To ensure the certs have been properly distributed, got so the Node Inventory page in the console and click the Puppet master node in the list. Then, on the Reports tab, review the information for the node.

Adding Agent Nodes Using Your External CA

1. Install Puppet Enterprise on the node, if it isn’t already installed.
2. Using the same external CA you used for the Puppet master, create a cert and private key for your agent node.
3. Locate the files you will need to replace on the agent.
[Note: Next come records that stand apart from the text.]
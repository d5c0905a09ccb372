-- ===== src/Store/Table/Truncate.antt =====
-- `truncate_to` of kvmem_store.cpp: it leaves exactly the tokens below the position, keeps the
-- layout, and drops the blocks past it from the back.
use kvmem_test.Common.{
  ℕ, zero, suc, ◌+◌, ◌-◌, ◌≤◌, ◌<◌, ◌≡◌, refl, List, [], ◌∷◌, ◌++◌, length, min, arith, ap, u32_mod,
  sub32, ltb, leb, Bool-cases, ltb_false→le, inl, inr, length-append, map, ltb→lt, ◌∙◌, leb→le,
  leb_false→lt,
}
use mathlib.Core.List.{map-append}
use kvmem_test.Store.Types.{KvMemBlock, KvMemDroppedBlock, KvMemStore, block_count, orig_pos_end}
use kvmem_test.Store.Table.{pop_past, pop_back, shrink_last, truncate_to, dropped_block}
use kvmem_test.Store.Table.Layout.{Laid, IsLaid}

-- lo + n - 1, ..., lo.
abbrev pub descending : ℕ → ℕ → List ℕ
descending lo zero = []
descending lo (suc n) = descending (lo + 1) n ++ lo ∷ []

module _ {D : Type 0} where
  -- The last block starts before the position.
  abbrev LastBefore : ℕ → List (KvMemBlock D) → Type 0
  LastBefore p [] = Unit {0}
  LastBefore p (b ∷ []) = b.orig_pos_start < p
  LastBefore p (b ∷ c ∷ bs) = LastBefore p (c ∷ bs)

  LastBefore-start :
      (p bt id start : ℕ) (b : KvMemBlock D) (bs : List (KvMemBlock D)) (total : ℕ)
      → Laid bt id start (b ∷ bs) total
      → LastBefore p (b ∷ bs)
      → start < p
  LastBefore-start p bt id start b [] total h k = omega arith
  LastBefore-start p bt id start b (c ∷ bs) total h k =
      omega (arith, LastBefore-start p bt (id + 1) (start + b.n_tokens) c bs total h.5 k)

  abbrev Popped :
      ℕ
      → ℕ
      → ℕ
      → ℕ
      → ℕ
      → List (KvMemBlock D)
      → List (KvMemBlock D) × List KvMemDroppedBlock × ℕ
      → Type 0
  Popped p bt id start total bs (kept, dropped, total') =
      Laid bt id start kept total'
      × (total' ≤ total)
      × (p ≤ total → p ≤ total')
      × LastBefore p kept
      × (map (λ d. d.block_id) dropped ≡ descending (id + length kept) (length dropped))
      × (length kept + length dropped ≡ length bs)

  dropped_snoc :
      (id i : ℕ) (b : KvMemBlock D) (dropped : List KvMemDroppedBlock)
      → b.block_id ≡ id
      → i ≡ id + 1
      → map (λ d. d.block_id) dropped ≡ descending i (length dropped)
      → map (λ d. d.block_id) (dropped ++ dropped_block b ∷ [])
        ≡ descending id (length (dropped ++ dropped_block b ∷ []))
  dropped_snoc id i b dropped e step ids =
      let len : length (dropped ++ dropped_block b ∷ []) ≡ suc (length dropped) =
        omega (arith, length-append dropped (dropped_block b ∷ [])) in
      rw len (
        map-append (λ (d : KvMemDroppedBlock). d.block_id) dropped (dropped_block b ∷ [])
        ∙ rw (ids, step, e) refl)

  pop_back-Popped :
      (p bt id start total : ℕ) (b : KvMemBlock D) (bs : List (KvMemBlock D))
      (r : List (KvMemBlock D) × List KvMemDroppedBlock × ℕ)
      → total < u32_mod
      → Laid bt id start (b ∷ bs) total
      → Popped p bt (id + 1) (start + b.n_tokens) total bs r
      → Popped p bt id start total (b ∷ bs) (pop_back p b r)
  unfolding pop_back
  pop_back-Popped p bt id start total b bs ([], dropped, total') t h
        (laid, le, ge, last, ids, len) =
      let e : sub32 total' b.n_tokens ≡ start = omega arith in
      elim (Bool-cases (leb p b.orig_pos_start)) [
        | inl past ↦
            let below : p ≤ start = omega (arith, leb→le _ _ past) in
            rw (past, e)
              (
                refl,
                omega arith,
                λ _. below,
                tt,
                dropped_snoc (id + 0) _ b dropped (omega arith) (omega arith) ids,
                omega (arith, length-append dropped (dropped_block b ∷ [])),
              )
        | inr before ↦ rw before (
          (h.0, h.1, h.2, h.3, h.4, laid),
          le,
          ge,
          omega (arith, ltb→lt, leb_false→lt _ _ before),
          ids ∙ ap (λ i. descending i (length dropped)) (omega arith),
          omega arith,
        )
      ]
  pop_back-Popped p bt id start total b bs (k ∷ ks, dropped, total') t h
        (laid, le, ge, last, ids, len) =
      (
        (h.0, h.1, h.2, h.3, h.4, laid),
        le,
        ge,
        last,
        ids ∙ ap (λ i. descending i (length dropped)) (omega arith),
        omega arith,
      )

  pop_past-Popped :
      (p bt id start total : ℕ) (bs : List (KvMemBlock D))
      → total < u32_mod
      → Laid bt id start bs total
      → Popped p bt id start total bs (pop_past p total bs)
  unfolding pop_past
  pop_past-Popped p bt id start total [] t h = (h, omega arith, λ x. x, tt, refl, refl)
  pop_past-Popped p bt id start total (b ∷ bs) t h =
      pop_back-Popped p bt id start total b bs (pop_past p total bs) t h
        (pop_past-Popped p bt (id + 1) (start + b.n_tokens) total bs t h.5)

  shrink_last-Laid :
      (p bt id start total : ℕ) (bs : List (KvMemBlock D))
      → total < u32_mod
      → start ≤ p
      → p ≤ total
      → Laid bt id start bs total
      → LastBefore p bs
      → Laid bt id start (shrink_last p total bs).0 p
        × ((shrink_last p total bs).1 ≡ p)
        × (length (shrink_last p total bs).0 ≡ length bs)
  unfolding shrink_last
  shrink_last-Laid p bt id start total [] t lo hi h last = (omega arith, omega arith, refl)
  shrink_last-Laid p bt id start total (b ∷ []) t lo hi h last =
      let end : orig_pos_end b ≡ total = omega arith in
      let keep : sub32 p b.orig_pos_start ≡ p - start = omega arith in
      elim (Bool-cases (ltb p (orig_pos_end b))) [
        | inl past ↦
            rw (past, keep)
              ((h.0, h.1, h.2, omega arith, omega arith, omega arith), omega arith, refl)
        | inr within ↦
            let q : total ≡ p = omega (arith, ltb_false→le _ _ within) in
            rw (within, ← q) (h, refl, refl)
      ]
  shrink_last-Laid p bt id start total (b ∷ c ∷ bs) t lo hi h last =
      let next : start + b.n_tokens < p =
        LastBefore-start p bt (id + 1) (start + b.n_tokens) c bs total h.5 last in
      let (laid, e, len) =
        shrink_last-Laid p bt (id + 1) (start + b.n_tokens) total (c ∷ bs) t (omega arith) hi h.5
          last in
      ((h.0, h.1, h.2, h.3, h.4, laid), e, ap suc len)

  -- On a laid table, `truncate_to` keeps the layout and leaves exactly the tokens below the
  -- position; what it drops are the blocks past those that stay, the last one first.
  pub truncate_to-IsLaid :
      (s : KvMemStore D) (p : ℕ)
      → IsLaid s
      → IsLaid (truncate_to s p).0
        × ((truncate_to s p).0.total_tokens ≡ min s.total_tokens p)
        × (map (λ d. d.block_id) (truncate_to s p).1
            ≡ descending (block_count (truncate_to s p).0) (length (truncate_to s p).1))
        × (block_count (truncate_to s p).0 + length (truncate_to s p).1 ≡ block_count s)
  unfolding truncate_to
  truncate_to-IsLaid s p v = elim (Bool-cases (leb s.total_tokens p)) [
    | inl all ↦ rw all (v, omega (arith, leb→le _ _ all), refl, omega arith)
    | inr some_past ↦
        let (kept, dropped, total) = pop_past p s.total_tokens s.blocks in
        let (laid, le, ge, last, ids, len) =
          pop_past-Popped p s.block_tokens 0 0 s.total_tokens s.blocks v.bounded v.laid in
        let inside : p < s.total_tokens = leb_false→lt _ _ some_past in
        let (laid', e, len') =
          shrink_last-Laid p s.block_tokens 0 0 total kept (omega arith) (omega arith)
            (ge (omega arith)) laid last in
        rw some_past (
          record { positive = v.positive; bounded = omega arith; laid = rw e laid' },
          omega arith,
          ids ∙ ap (λ i. descending i (length dropped)) (omega arith),
          omega arith,
        )
  ]

  pub truncate_to-cfg : (s : KvMemStore D) (p : ℕ) → (truncate_to s p).0.cfg ≡ s.cfg
  unfolding truncate_to
  truncate_to-cfg s p = ground arith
Refer to [Locating the PE Agent Certificate and Security Credentials][inpage_locate_agent] to find them, but you should use puppet agent --configprint instead of puppet master --configprint.
4. Copy the agent’s certificate, private key, and public key into place. Do the same with the external CA’s CRL and CA certificate.
5. Restart the puppet service.

Your node should now be able to do Puppet agent runs, and its reports will appear in the console. (You can accelerate this by letting Puppet run once, waiting a few minutes for the node to be added to the MCollective group in the console, and then running puppet agent -t. Once the )

If you still don’t see your agent node in Node Inventory, use NTP to verify that time is in sync across your PE deployment. (You should always do this anyway.)